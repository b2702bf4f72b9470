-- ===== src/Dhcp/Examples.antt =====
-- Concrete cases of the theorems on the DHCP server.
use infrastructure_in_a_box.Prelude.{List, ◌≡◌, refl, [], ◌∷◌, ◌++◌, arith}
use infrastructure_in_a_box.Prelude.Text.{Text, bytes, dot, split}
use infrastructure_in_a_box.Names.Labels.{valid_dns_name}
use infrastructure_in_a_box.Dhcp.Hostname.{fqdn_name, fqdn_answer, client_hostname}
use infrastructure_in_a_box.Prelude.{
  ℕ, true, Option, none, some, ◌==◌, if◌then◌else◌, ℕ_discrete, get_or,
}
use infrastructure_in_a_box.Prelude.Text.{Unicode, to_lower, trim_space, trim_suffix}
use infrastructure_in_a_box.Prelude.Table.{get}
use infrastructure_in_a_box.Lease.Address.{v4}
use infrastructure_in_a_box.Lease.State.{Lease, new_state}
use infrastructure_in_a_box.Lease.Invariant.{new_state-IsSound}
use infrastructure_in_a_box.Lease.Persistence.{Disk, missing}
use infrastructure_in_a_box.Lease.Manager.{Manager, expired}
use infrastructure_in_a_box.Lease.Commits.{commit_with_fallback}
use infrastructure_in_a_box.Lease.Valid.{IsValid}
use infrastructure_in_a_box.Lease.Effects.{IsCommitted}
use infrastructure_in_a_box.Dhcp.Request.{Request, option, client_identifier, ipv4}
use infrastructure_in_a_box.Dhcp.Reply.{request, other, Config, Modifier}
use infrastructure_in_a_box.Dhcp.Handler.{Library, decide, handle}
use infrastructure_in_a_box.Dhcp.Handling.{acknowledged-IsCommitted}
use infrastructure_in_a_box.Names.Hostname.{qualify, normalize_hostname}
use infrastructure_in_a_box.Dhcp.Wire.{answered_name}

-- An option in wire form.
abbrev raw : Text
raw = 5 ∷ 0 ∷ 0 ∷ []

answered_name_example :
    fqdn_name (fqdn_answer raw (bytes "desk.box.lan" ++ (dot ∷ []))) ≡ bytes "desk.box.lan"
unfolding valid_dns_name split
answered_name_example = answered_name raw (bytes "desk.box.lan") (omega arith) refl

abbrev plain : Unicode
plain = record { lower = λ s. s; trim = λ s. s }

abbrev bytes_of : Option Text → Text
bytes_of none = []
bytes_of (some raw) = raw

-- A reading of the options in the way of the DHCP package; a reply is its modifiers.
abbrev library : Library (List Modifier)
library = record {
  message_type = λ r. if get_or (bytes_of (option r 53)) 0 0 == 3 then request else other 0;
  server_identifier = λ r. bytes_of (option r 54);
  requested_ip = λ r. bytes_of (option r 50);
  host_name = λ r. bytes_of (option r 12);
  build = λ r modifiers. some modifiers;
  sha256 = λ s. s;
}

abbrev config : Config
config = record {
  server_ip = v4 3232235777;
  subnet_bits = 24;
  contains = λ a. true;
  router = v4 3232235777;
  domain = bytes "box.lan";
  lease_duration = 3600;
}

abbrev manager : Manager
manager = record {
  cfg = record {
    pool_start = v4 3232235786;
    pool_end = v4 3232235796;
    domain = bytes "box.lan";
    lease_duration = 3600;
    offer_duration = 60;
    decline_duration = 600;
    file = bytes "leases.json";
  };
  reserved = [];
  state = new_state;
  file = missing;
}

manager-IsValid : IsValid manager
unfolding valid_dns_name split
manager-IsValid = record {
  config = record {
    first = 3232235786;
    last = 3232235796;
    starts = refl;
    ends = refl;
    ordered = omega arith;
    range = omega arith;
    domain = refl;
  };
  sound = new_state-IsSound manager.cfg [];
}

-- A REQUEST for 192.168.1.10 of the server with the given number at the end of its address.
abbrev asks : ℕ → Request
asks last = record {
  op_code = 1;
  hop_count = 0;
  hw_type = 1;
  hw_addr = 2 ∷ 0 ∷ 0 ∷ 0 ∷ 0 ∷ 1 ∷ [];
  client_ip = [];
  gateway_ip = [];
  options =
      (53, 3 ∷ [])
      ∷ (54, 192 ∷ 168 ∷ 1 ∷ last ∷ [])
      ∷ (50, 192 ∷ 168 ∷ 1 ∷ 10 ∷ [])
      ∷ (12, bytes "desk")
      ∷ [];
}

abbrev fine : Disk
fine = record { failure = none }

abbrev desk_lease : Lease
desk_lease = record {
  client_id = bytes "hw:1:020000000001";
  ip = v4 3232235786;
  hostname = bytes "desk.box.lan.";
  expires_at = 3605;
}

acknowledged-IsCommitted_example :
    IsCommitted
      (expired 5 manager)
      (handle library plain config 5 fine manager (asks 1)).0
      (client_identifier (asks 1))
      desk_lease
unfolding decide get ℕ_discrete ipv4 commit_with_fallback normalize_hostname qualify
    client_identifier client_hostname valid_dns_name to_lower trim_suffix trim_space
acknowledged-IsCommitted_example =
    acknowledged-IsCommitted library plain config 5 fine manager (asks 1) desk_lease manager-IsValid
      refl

---

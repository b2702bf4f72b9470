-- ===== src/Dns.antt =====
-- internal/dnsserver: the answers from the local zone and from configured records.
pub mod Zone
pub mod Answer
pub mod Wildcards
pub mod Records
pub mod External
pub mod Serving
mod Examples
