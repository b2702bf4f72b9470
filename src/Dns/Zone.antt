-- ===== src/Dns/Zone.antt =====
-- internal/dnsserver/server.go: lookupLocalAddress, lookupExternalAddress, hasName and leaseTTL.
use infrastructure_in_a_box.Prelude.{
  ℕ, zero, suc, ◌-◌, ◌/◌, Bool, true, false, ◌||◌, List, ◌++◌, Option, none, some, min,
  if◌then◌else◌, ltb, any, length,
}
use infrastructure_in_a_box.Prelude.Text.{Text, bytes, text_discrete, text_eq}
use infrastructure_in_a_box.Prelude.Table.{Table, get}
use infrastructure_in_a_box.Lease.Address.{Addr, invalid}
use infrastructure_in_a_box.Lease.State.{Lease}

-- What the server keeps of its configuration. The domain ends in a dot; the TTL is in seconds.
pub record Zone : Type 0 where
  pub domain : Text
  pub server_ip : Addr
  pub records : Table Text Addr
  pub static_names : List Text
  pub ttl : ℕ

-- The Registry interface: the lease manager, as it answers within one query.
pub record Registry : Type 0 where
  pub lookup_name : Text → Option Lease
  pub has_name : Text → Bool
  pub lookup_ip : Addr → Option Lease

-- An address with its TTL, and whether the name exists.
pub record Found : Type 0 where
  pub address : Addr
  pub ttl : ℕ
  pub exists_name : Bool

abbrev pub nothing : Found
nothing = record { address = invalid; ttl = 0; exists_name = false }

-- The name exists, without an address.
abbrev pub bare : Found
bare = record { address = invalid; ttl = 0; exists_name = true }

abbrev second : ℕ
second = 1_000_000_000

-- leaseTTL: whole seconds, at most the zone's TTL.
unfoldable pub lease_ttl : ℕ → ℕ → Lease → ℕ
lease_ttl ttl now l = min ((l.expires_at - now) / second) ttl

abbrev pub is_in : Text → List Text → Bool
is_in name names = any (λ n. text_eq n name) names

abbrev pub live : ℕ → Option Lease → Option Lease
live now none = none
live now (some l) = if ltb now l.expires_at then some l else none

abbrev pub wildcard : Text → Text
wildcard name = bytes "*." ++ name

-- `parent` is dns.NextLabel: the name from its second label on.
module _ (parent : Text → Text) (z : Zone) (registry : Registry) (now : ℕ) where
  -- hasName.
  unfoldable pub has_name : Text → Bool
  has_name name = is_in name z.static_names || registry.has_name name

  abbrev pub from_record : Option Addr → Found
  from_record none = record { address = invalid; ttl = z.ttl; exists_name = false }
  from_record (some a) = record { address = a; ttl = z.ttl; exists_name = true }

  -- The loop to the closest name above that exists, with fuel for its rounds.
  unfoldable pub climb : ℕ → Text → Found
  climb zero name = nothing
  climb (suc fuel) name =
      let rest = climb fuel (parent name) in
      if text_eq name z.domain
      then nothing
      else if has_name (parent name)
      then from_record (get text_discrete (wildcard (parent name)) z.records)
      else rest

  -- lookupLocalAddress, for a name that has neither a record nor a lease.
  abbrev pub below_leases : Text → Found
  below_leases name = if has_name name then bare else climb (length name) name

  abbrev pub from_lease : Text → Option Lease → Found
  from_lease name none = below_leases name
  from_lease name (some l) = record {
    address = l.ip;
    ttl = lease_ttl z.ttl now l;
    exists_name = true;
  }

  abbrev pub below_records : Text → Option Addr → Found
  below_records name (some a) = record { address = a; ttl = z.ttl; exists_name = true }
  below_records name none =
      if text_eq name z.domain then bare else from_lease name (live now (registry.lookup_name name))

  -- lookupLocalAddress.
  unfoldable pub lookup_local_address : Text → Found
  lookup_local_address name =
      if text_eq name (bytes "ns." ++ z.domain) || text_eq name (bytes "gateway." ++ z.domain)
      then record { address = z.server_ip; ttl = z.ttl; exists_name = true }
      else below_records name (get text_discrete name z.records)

**Task goal:** In the records above, find the lines holding "antt". Copy each one.

**Task output:**
-- ===== src/Dhcp/Examples.antt =====
-- ===== src/Dns.antt =====
filename src/Dns/Zone.antt
-- ===== src/Dns/Zone.antt =====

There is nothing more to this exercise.